For deserialization: Never deserialize untrusted data using formats that permit code execution. If you must deserialize external data, use safe formats (JSON, Protocol Buffers) or implement signature verification. This addresses NIST 800-53 Rev 5 SI-10 and supports SOC 2 Type II CC6.1 (logical access controls).
Lessons and Action Items
Audit Your AI Infrastructure
Map every AI platform you're running against these questions:
- What network access does it have? Can it make outbound connections?
- What external input does it accept? URLs, file uploads, API calls?
- Does it deserialize data from external sources? Using what format?
For each "yes," document the control that prevents exploitation. If you can't name the control, you have a gap.

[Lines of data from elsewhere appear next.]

-- ===== src/Fifos/Transfer/Ends.antt =====
-- The sends and receives that wait come to an end.
use rtai.Base.{
  ℕ, zero, suc, ◌≤◌, ◌≡◌, refl, sym, subst, List, arith, length, length-drop, drop, min, Bool, true,
  Bool-cases, inl, inr, ◌==◌, not, Option, some,
}
use rtai.Base.Int.{ℤ, pos, eq_ℤ}
use rtai.Mbx.Ring.{PutState}
use rtai.Mbx.Ring.Wrap.{IsBuffer, mbxput_loop-Put}
use rtai.Fifos.State.{Fifos, snd_of}
use rtai.Fifos.Block.{mbx_signal, mbx_sem_wait, mbx_wait}
use rtai.Fifos.Block.Frames.{ring-mbx_signal}
use rtai.Fifos.Block.Wakes.{WakesWell, Served, mbx_wait-Served, mbx_sem_wait-IsBuffer}
use rtai.Fifos.Transfer.{mbx_put, send_loop, mbx_send, release_snd, frbs_of}
use rtai.Fifos.Transfer.Stores.{ring_of, mbx_put-Sent}

msg-mbx_put :
    (i : ℕ) (msg : List ℕ) (n : ℕ) (s : Fifos)
    → IsBuffer (ring_of i s)
    → n ≤ length msg
    → ((mbx_put i msg n s).0).0 ≡ drop (min n (ring_of i s).frbs) msg
unfolding mbx_put
msg-mbx_put i msg n s b h =
    let start : PutState = record { ring = ring_of i s; msg = msg; msg_size = n } in
    (mbxput_loop-Put n start b h (omega arith)).stored.rest

-- A result, in which no more than n bytes are left.
pub Returns : ℕ → Option (ℕ × Fifos) → Type 0
Returns n o = (left : ℕ) × (t : Fifos) × (o ≡ some (left, t)) × (left ≤ n)

send_loop-Returns :
    (wait : ℕ → Fifos → ℤ × Fifos) (i : ℕ)
    → ((s : Fifos) → IsBuffer (ring_of i s) → Served frbs_of i (wait i s))
    → (fuel : ℕ) (msg : List ℕ) (n : ℕ) (s : Fifos) → IsBuffer (ring_of i s)
    → n ≤ length msg
    → n ≤ fuel
    → Returns n (send_loop wait fuel i msg n s)
unfolding send_loop Returns
send_loop-Returns wait i served zero msg n s b l f =
    let e : (n == 0) ≡ true = ground arith in
    rw (e, send_loop) (0, release_snd i s, refl, omega arith)
send_loop-Returns wait i served (suc fuel) msg n s b l f = elim (Bool-cases (n == 0)) [
  | inl e ↦ rw (e, send_loop) (0, release_snd i s, refl, omega arith)
  | inr more ↦
      let w = wait i s in
      elim (Bool-cases (eq_ℤ w.0 (pos 0))) [
        | inr failed ↦ rw (more, failed, send_loop) (n, release_snd i w.1, refl, omega arith)
        | inl ok ↦
            let r = served s b ok in
            let p = mbx_put i msg n w.1 in
            let q = mbx_put-Sent i msg n w.1 r.0 l in
            let same = ring-mbx_signal i p.1 i in
            let rest =
              send_loop-Returns wait i served fuel (p.0).0 (p.0).1 (mbx_signal i p.1)
                (subst IsBuffer (sym same) q.buffer)
                (rw (msg-mbx_put i msg n w.1 r.0 l)
                  (omega (arith, q.rest, length-drop (min n (ring_of i w.1).frbs) msg)))
                (ground (arith, q.rest, r.1)) in
            rw (more, ok, send_loop) (rest.0, rest.1, rest.2, omega (arith, rest.3, q.rest))
      ]
]

-- mbx_send of n bytes to a fifo whose buffer is in order comes to an end within n rounds of its loop,
-- with at most n bytes left, if the rest of the system keeps the buffer in order, and takes away
-- mbx->waiting_task only when there is room: waits that are interrupted end it as well.
pub mbx_send-Returns :
    (schedule : Fifos → Bool × Fifos) (i : ℕ) (msg : List ℕ) (n : ℕ) (s : Fifos)
    → WakesWell schedule frbs_of i
    → IsBuffer (ring_of i s)
    → n ≤ length msg
    → Returns n (mbx_send schedule n i msg n s)
unfolding mbx_send Returns
mbx_send-Returns schedule i msg n s wakes b l =
    let w = mbx_sem_wait schedule (snd_of i) s in
    let c = mbx_sem_wait-IsBuffer schedule frbs_of i (snd_of i) s wakes b in
    elim (Bool-cases (not (eq_ℤ w.0 (pos 0)))) [
      | inl failed ↦ rw (failed, mbx_send) (n, w.1, refl, omega arith)
      | inr ok ↦
          rw (ok, mbx_send)
            (send_loop-Returns (mbx_wait schedule frbs_of) i
              (λ t d. mbx_wait-Served schedule frbs_of i t wakes d) n msg n w.1 c l (omega arith))
    ]
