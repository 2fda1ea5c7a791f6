-- ===== src/Fifos/Tests.antt =====
-- The fifos at concrete inputs (src/ipc/fifos/fifos.c).
use rtai.Base.{
  ℕ, ◌<◌, ◌≡◌, refl, List, [], ◌∷◌, ◌++◌, arith, Bool, true, false, ◌==◌, Option, none, some,
  if◌then◌else◌, replicate,
}
use rtai.Base.Int.{ℤ, pos, negsuc}
use rtai.Mbx.Ring.{Ring}
use rtai.Mbx.Ring.Window.{contents}
use rtai.Mbx.Ring.Wrap.{IsBuffer}
use rtai.Fifos.State.{FSem, Fifo, Fifos, Pending, sem_of, get_sem, set_fifo, max_fifos, push}
use rtai.Fifos.State.Queue.{InBounds, count, to_wake, to_wake-push}
use rtai.Fifos.Block.{mbx_sem_wait_timed, mbx_sem_wait_if}
use rtai.Fifos.Block.Timeout.{mbx_sem_wait_timed-frees}
use rtai.Fifos.Block.Wakes.{WakesWell}
use rtai.Fifos.Transfer.{mbx_send, frbs_of}
use rtai.Fifos.Transfer.Stores.{ring_of}
use rtai.Fifos.Transfer.Ends.{Returns, mbx_send-Returns}
use rtai.Fifos.Service.{valid_fifo, rtf_put}
use rtai.Fifos.Service.Data.{rtf_put-stores}
use rtai.Fifos.Drain.{rtf_sysrq_handler}
use rtai.Fifos.Drain.Woken.{rtf_sysrq_handler-woken, those}
use rtai.Fifos.Lifetime.{rtf_resize, new_buffer}
use rtai.Fifos.Lifetime.ResizeAlone.{Outcome, rtf_resize-alone}
use rtai.Fifos.Named.{rtf_named_create, rtf_getfifobyname, find_unused, same_name, unused}
use rtai.Fifos.Named.Lookup.{rtf_getfifobyname-rtf_named_create}

-- three bytes, of which the last stands at the start of the buffer
abbrev three_bytes : Ring
three_bytes = record {
  size = 4;
  fbyte = 2;
  lbyte = 1;
  avbs = 3;
  frbs = 1;
  bufadr = 3 ∷ 0 ∷ 1 ∷ 2 ∷ [];
}

abbrev empty_ring : Ring
empty_ring = record {
  size = 4;
  fbyte = 0;
  lbyte = 0;
  avbs = 0;
  frbs = 4;
  bufadr = 0 ∷ 0 ∷ 0 ∷ 0 ∷ [];
}

abbrev free_sem : FSem
free_sem = record { free = 1; qtype = 0; queue = [] }

abbrev held_sem : FSem
held_sem = record { free = 0; qtype = 0; queue = [] }

abbrev open_fifo : Fifo
open_fifo = record {
  ring = three_bytes;
  sndsem = free_sem;
  rcvsem = free_sem;
  waiting_task = none;
  opncnt = 1;
  malloc_type = b'k';
  pol_asyn_pended = false;
  pollq = false;
  asynq = false;
  handler = 1;
  sem = held_sem;
  name = [];
}

abbrev closed_fifo : Fifo
closed_fifo = record open_fifo { opncnt = 0; ring = empty_ring }

-- processes 7 and 8 are to be woken
abbrev two_pending : Pending
two_pending = record { in_at = 1; out_at = 63; entries = 8 ∷ (replicate 62 0 ++ (7 ∷ [])) }

abbrev none_pending : Pending
none_pending = record { in_at = 0; out_at = 0; entries = replicate 64 0 }

-- Fifo 0 is open, and the others are not.
abbrev one_open : Fifos
one_open = record {
  fifo = λ i. if i == 0 then open_fifo else closed_fifo;
  lx = λ t. record { blocked = false; priority = 0 };
  taskq = two_pending;
  pol_asyn_q = none_pending;
  current = 5;
  rt_priority = λ t. 0;
  srq = 0;
  woken = [];
  polled = [];
  live = 1;
}

three_bytes-IsBuffer : IsBuffer three_bytes
three_bytes-IsBuffer = omega arith

empty_ring-IsBuffer : IsBuffer empty_ring
empty_ring-IsBuffer = omega arith

-- What goes on while a process sleeps: the fifo is read empty, and the waiting process is woken.
abbrev drained_meanwhile : Fifos → Bool × Fifos
drained_meanwhile s =
    (false, set_fifo 0 (record (s.fifo 0) { ring = empty_ring; waiting_task = none }) s)

abbrev drained_later : ℕ → Fifos → Bool × Fifos
drained_later delay s = drained_meanwhile s

abbrev zeros : ℕ → Option (List ℕ)
zeros n = some (replicate n 0)

two_pending-InBounds : InBounds two_pending
two_pending-InBounds = omega arith

to_wake-push_example :
    (count two_pending < 63 → to_wake (push 9 two_pending) ≡ to_wake two_pending ++ (9 ∷ []))
    × (count two_pending ≡ 63 → to_wake (push 9 two_pending) ≡ [])
to_wake-push_example = to_wake-push 9 two_pending two_pending-InBounds

rtf_sysrq_handler-woken_example :
    let t = rtf_sysrq_handler (λ p. p == 7) one_open in
    (t.taskq.out_at ≡ t.taskq.in_at)
    × (t.pol_asyn_q.out_at ≡ t.pol_asyn_q.in_at)
    × (t.woken ≡ [] ++ those (λ p. p == 7) (to_wake two_pending))
rtf_sysrq_handler-woken_example =
    rtf_sysrq_handler-woken (λ p. p == 7) one_open two_pending-InBounds (omega arith)

open_valid : valid_fifo 0 one_open ≡ none
unfolding valid_fifo
open_valid = refl

rtf_put-stores_example :
    let r = rtf_put 0 (4 ∷ 5 ∷ []) 2 one_open in
    (r.0 ≡ pos 1)
    × IsBuffer (ring_of 0 r.1)
    × (contents (ring_of 0 r.1) ≡ contents three_bytes ++ (4 ∷ []))
rtf_put-stores_example =
    rtf_put-stores 0 (4 ∷ 5 ∷ []) 2 one_open open_valid three_bytes-IsBuffer (omega arith)

memory_2 : new_buffer zeros zeros 2 ≡ some (0 ∷ 0 ∷ [])
unfolding new_buffer
memory_2 = refl

memory_3 : new_buffer zeros zeros 3 ≡ some (0 ∷ 0 ∷ 0 ∷ [])
unfolding new_buffer
memory_3 = refl

-- a buffer of just the bytes that are there
rtf_resize-alone_example :
    (r : ℤ × Fifos) × (rtf_resize drained_meanwhile drained_later zeros zeros 1 0 3 one_open
      ≡ some r)
    × Outcome 0 3 one_open r
rtf_resize-alone_example =
    rtf_resize-alone drained_meanwhile drained_later zeros zeros 0 0 3 (0 ∷ 0 ∷ 0 ∷ []) one_open
      open_valid three_bytes-IsBuffer (omega arith) memory_3 (omega arith) refl refl

fifo_1_unused : find_unused max_fifos 0 (b'a' ∷ []) one_open ≡ some 1
unfolding find_unused same_name unused
fifo_1_unused = refl

rtf_getfifobyname-rtf_named_create_example :
    (t : Fifos) × (rtf_named_create drained_meanwhile drained_later zeros zeros 0
        (b'a' ∷ [])
        2
        one_open
      ≡ some (pos 1, t))
    × (rtf_getfifobyname (b'a' ∷ []) t ≡ pos 1)
rtf_getfifobyname-rtf_named_create_example =
    rtf_getfifobyname-rtf_named_create drained_meanwhile drained_later zeros zeros 0 1 2 (b'a' ∷ [])
      (0 ∷ 0 ∷ []) one_open (omega arith) fifo_1_unused memory_2

-- The semaphore of the user, which is held.
held_alone : (get_sem (sem_of 0) one_open).free ≡ 0
unfolding get_sem
held_alone = refl

nobody_waits : (get_sem (sem_of 0) one_open).queue ≡ []
unfolding get_sem
nobody_waits = refl

mbx_sem_wait_timed-frees_example :
    let r = mbx_sem_wait_timed (λ d t. (false, t)) (sem_of 0) 100 one_open in
    (r.0 ≡ negsuc 0)
    × ((mbx_sem_wait_if (sem_of 0) one_open).0 ≡ false)
    × ((mbx_sem_wait_if (sem_of 0) r.1).0 ≡ true)
mbx_sem_wait_timed-frees_example =
    mbx_sem_wait_timed-frees (sem_of 0) 100 one_open held_alone nobody_waits

drained_WakesWell : WakesWell drained_meanwhile frbs_of 0
drained_WakesWell = record {
  buffer = λ s b. empty_ring-IsBuffer;
  counted = λ t s waits ended. omega arith;
}

mbx_send-Returns_example :
    Returns 6 (mbx_send drained_meanwhile 6 0 (1 ∷ 2 ∷ 3 ∷ 4 ∷ 5 ∷ 6 ∷ []) 6 one_open)
mbx_send-Returns_example =
    mbx_send-Returns drained_meanwhile 0 (1 ∷ 2 ∷ 3 ∷ 4 ∷ 5 ∷ 6 ∷ []) 6 one_open drained_WakesWell
      three_bytes-IsBuffer (omega arith)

Implement Defense in Depth for AI Workloads
Don't rely on vendor-provided "sandbox mode" as your only isolation layer. Add network segmentation, egress filtering, and monitoring. Your SIEM should alert on unexpected DNS queries from AI workloads—especially queries to newly-registered domains or domains with high entropy in the subdomain (common in DNS tunneling).
Apply Least Privilege to IAM Roles
The Bedrock vulnerability becomes more severe if the compromised workload has broad IAM permissions. Review every IAM role attached to AI infrastructure. What's the minimum permission set required? Remove everything else. This limits blast radius when—not if—a vulnerability is exploited.
Require Security Review for AI Framework Updates
Treat AI frameworks like SGLang the same way you treat application dependencies. Before deploying a new version, review the changelog for security-relevant changes. If the framework handles deserialization, that's a red flag requiring extra scrutiny.
Test Your Detection Capabilities
Can your security tools detect DNS tunneling? Can they identify unusual outbound connections from supposedly-isolated workloads? Run a purple team exercise: attempt DNS exfiltration from your AI environment. If your tools don't alert, fix your detection before an attacker discovers the same gap.
The common thread: these vulnerabilities exploited the gap between "AI platform" and "production security controls." Your AI infrastructure needs the same network segmentation, input validation, and secure coding practices as everything else you run. The standards already require it—now you need to enforce it.